_Your objective_: Using the data beneath, show every line that includes the word "enqueue".

_Records for the exercise_:

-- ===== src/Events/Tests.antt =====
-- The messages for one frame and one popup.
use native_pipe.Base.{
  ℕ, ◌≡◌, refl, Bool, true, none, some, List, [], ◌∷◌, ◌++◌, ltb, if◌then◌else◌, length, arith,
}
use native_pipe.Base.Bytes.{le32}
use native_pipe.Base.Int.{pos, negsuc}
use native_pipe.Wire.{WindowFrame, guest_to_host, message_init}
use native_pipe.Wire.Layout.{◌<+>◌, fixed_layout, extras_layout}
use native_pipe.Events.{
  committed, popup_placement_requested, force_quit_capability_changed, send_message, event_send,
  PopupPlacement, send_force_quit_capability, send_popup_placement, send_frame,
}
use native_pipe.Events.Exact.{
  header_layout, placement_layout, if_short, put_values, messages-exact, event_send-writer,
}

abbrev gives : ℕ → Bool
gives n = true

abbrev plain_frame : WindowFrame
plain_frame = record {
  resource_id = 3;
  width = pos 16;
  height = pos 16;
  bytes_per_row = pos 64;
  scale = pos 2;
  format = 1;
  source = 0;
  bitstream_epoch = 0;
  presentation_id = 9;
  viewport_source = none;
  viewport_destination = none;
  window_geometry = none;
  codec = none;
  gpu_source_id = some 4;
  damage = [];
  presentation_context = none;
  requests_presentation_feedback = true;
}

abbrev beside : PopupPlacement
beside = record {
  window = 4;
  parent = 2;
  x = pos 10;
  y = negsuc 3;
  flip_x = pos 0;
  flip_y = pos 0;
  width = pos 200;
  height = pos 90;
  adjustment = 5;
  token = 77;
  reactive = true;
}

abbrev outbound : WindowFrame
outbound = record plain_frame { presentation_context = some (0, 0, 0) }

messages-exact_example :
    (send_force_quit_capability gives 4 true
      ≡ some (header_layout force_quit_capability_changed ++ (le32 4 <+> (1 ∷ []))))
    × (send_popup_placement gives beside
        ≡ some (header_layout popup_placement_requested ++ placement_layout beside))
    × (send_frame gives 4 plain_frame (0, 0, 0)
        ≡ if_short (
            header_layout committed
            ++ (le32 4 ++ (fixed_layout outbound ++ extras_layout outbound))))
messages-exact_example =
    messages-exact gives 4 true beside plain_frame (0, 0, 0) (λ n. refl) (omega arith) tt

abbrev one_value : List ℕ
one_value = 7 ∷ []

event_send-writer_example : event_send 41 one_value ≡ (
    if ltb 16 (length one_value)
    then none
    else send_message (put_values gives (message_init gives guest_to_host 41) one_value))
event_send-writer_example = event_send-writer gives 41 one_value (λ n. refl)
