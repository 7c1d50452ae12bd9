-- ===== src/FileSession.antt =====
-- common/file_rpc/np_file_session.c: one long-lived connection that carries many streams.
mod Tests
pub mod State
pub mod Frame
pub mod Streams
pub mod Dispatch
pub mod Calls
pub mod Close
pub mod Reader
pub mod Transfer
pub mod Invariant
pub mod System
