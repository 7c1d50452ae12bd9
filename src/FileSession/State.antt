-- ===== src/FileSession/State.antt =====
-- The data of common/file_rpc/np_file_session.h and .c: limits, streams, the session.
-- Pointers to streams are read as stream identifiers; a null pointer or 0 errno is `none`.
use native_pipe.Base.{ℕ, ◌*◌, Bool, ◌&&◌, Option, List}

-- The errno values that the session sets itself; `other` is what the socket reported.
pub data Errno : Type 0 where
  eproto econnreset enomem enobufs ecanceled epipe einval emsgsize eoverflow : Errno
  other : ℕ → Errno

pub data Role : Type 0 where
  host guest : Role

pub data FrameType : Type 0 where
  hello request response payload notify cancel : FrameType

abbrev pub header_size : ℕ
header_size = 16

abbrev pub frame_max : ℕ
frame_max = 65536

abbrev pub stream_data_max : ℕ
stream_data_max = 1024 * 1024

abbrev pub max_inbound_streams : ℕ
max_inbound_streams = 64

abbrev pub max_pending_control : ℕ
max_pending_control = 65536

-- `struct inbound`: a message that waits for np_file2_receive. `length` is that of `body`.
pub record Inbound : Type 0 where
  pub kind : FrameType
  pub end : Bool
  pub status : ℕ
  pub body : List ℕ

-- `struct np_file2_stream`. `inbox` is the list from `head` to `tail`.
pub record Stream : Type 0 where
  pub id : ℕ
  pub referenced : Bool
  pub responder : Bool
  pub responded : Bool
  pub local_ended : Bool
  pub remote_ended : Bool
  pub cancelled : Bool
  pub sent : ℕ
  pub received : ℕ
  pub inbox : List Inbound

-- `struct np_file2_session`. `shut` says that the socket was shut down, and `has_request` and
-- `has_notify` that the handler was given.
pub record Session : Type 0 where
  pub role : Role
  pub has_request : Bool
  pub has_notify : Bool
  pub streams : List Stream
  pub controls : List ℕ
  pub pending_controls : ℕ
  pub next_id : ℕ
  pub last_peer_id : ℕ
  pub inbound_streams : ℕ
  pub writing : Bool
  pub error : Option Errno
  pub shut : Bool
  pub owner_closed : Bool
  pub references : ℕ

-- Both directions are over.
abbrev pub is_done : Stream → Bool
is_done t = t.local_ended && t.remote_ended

==

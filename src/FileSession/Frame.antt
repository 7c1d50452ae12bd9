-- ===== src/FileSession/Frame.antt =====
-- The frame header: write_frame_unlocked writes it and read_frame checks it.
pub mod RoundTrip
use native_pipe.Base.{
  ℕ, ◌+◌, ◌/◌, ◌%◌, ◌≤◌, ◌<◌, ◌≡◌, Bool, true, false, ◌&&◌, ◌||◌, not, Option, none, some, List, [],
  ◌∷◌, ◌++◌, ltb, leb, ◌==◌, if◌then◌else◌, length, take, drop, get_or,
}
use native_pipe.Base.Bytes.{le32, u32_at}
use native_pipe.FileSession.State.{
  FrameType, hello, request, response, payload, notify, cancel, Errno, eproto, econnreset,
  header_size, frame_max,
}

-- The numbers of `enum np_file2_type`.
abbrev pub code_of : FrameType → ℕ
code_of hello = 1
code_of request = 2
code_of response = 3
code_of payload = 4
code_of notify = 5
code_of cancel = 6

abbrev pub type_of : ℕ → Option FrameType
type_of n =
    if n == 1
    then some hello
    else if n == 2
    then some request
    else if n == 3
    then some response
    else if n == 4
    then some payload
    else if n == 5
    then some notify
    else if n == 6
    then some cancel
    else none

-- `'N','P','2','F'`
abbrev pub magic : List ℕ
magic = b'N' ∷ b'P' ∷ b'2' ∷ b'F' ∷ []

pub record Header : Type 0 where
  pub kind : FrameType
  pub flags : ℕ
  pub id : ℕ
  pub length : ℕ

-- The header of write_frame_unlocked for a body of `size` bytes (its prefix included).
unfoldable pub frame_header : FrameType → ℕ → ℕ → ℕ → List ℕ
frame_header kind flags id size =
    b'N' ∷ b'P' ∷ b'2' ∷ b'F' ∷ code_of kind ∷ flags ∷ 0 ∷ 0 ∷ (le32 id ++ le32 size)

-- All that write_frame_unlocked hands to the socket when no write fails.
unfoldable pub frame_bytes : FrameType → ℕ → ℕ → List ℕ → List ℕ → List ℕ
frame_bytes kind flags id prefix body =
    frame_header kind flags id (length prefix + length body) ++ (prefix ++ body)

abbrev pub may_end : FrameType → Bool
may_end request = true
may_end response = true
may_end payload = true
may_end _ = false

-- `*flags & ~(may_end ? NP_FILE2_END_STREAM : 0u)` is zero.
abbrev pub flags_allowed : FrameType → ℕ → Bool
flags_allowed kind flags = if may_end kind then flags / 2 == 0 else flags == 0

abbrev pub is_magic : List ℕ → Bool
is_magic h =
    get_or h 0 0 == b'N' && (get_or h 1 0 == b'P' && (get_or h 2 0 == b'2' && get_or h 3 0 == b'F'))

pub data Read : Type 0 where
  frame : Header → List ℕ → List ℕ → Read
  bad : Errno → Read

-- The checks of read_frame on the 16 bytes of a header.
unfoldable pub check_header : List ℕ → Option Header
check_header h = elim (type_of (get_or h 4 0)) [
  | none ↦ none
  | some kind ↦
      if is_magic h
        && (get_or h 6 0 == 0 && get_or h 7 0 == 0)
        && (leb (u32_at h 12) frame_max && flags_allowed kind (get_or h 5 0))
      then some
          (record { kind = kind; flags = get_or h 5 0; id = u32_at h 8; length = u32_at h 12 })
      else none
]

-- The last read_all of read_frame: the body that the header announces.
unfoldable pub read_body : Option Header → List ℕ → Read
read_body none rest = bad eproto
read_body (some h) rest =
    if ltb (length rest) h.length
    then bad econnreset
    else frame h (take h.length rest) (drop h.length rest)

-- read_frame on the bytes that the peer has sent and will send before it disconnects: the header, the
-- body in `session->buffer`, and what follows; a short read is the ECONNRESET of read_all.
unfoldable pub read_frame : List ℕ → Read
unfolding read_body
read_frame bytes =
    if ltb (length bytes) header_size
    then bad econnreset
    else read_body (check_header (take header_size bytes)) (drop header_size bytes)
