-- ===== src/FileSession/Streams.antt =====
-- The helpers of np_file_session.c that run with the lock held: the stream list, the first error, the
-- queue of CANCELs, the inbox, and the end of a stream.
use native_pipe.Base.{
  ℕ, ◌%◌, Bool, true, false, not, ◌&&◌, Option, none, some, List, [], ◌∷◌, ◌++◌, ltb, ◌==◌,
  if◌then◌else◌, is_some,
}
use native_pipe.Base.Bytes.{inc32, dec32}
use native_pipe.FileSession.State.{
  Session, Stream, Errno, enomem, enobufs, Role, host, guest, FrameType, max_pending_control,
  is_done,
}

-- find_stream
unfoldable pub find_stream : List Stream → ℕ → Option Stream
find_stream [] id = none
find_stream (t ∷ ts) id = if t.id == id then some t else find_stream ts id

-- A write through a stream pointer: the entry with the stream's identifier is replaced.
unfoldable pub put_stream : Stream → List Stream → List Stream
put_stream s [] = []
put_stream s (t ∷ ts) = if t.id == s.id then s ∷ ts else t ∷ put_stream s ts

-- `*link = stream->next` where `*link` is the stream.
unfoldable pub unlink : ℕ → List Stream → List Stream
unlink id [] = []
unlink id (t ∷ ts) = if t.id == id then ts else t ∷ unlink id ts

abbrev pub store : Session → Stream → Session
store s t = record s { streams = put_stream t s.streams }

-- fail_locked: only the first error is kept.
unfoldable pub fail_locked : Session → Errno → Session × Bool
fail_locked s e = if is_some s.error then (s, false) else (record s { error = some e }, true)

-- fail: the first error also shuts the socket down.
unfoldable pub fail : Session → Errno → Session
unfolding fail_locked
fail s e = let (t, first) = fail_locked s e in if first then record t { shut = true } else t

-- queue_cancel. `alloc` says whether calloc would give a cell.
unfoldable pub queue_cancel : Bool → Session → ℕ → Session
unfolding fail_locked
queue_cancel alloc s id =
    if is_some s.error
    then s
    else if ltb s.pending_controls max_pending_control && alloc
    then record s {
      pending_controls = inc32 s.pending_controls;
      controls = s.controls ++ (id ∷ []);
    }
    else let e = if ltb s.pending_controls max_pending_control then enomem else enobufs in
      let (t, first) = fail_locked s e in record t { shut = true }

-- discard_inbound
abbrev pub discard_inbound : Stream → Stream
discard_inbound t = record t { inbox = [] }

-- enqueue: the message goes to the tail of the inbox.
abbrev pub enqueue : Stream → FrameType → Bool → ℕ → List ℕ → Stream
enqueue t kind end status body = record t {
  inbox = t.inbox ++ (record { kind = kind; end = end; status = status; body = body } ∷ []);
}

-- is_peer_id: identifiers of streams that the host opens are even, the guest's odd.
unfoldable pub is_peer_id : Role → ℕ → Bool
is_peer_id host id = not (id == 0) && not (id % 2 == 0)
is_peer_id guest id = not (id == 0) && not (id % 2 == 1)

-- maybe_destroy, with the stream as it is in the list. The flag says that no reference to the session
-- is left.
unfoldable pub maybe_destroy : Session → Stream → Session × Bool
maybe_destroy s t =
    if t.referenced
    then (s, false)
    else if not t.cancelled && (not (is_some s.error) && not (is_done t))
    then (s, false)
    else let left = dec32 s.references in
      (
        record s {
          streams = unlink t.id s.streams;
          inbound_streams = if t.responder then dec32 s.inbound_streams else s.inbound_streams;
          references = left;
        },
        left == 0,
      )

_Solution below_:
-- enqueue: the message goes to the tail of the inbox.
abbrev pub enqueue : Stream → FrameType → Bool → ℕ → List ℕ → Stream
enqueue t kind end status body = record t {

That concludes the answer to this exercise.